**Data for this exercise**

____________________

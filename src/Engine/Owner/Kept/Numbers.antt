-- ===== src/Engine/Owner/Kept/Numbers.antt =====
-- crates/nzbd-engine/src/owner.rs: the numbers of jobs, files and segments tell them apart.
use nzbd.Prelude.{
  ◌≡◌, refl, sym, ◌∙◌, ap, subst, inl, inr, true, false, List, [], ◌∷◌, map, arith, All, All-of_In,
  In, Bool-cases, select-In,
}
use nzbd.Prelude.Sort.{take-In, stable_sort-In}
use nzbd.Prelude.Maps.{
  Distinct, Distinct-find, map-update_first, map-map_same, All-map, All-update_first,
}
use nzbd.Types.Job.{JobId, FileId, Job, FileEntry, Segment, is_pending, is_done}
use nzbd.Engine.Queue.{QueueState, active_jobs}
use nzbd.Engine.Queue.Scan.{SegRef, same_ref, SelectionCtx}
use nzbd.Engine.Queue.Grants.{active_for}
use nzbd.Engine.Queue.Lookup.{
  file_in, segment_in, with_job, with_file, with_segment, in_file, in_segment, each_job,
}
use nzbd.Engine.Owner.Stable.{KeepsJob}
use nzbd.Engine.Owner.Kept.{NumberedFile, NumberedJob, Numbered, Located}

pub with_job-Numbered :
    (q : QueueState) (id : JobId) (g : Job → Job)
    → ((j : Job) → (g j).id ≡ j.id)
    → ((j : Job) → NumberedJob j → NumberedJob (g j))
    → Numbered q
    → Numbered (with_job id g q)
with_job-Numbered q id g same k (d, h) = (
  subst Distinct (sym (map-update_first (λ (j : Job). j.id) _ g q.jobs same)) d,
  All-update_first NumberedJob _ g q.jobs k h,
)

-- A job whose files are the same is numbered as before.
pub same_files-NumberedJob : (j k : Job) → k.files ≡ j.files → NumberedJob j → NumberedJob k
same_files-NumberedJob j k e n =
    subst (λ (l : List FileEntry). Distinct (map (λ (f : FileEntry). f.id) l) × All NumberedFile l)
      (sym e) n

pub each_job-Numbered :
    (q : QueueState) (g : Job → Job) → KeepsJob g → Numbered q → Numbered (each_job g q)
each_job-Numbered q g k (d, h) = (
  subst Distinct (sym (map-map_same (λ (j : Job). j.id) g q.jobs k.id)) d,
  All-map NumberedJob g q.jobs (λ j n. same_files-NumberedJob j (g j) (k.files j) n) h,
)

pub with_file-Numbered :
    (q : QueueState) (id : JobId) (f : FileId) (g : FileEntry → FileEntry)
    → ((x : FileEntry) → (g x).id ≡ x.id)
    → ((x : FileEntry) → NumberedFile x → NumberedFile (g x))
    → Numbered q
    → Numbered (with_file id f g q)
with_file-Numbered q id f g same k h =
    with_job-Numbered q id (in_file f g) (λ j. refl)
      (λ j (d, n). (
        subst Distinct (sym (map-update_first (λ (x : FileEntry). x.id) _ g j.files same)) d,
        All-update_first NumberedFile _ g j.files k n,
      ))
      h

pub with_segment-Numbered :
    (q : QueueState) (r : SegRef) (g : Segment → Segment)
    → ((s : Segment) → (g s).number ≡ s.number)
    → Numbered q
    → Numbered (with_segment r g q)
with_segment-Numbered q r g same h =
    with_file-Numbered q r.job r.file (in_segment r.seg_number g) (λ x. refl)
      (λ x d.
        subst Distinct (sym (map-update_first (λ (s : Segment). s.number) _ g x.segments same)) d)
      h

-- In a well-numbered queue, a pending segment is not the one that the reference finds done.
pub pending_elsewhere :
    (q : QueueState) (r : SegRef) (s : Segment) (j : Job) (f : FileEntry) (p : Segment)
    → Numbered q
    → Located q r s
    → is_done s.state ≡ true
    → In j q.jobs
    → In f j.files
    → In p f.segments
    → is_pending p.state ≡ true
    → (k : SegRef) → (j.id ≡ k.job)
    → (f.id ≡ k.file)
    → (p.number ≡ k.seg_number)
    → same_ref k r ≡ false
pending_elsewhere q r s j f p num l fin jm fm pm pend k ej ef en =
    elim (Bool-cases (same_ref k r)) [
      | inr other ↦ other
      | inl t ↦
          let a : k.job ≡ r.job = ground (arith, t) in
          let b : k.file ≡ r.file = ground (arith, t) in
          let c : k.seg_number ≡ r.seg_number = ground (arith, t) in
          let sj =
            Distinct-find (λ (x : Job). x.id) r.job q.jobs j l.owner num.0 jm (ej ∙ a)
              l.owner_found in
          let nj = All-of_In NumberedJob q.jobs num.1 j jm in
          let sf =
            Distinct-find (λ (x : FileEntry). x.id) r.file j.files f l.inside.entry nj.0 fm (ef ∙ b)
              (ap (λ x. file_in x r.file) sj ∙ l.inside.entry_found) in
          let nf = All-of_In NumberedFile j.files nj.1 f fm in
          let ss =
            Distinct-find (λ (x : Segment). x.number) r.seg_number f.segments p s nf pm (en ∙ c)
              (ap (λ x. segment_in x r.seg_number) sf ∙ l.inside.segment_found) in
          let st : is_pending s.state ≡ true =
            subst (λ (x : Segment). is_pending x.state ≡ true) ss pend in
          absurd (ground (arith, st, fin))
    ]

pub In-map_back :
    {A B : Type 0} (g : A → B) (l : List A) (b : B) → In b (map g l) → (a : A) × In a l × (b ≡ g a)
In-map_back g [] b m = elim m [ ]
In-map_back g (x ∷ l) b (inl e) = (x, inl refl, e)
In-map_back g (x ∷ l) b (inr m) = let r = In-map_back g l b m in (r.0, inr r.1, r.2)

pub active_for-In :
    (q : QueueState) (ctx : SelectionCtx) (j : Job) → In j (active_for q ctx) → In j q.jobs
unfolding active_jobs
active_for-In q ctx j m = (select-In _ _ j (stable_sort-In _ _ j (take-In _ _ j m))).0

____________________

**Your goal**
Find all the lines containing "take" in the material, then copy them.

**Task result**
use nzbd.Prelude.Sort.{take-In, stable_sort-In}
active_for-In q ctx j m = (select-In _ _ j (stable_sort-In _ _ j (take-In _ _ j m))).0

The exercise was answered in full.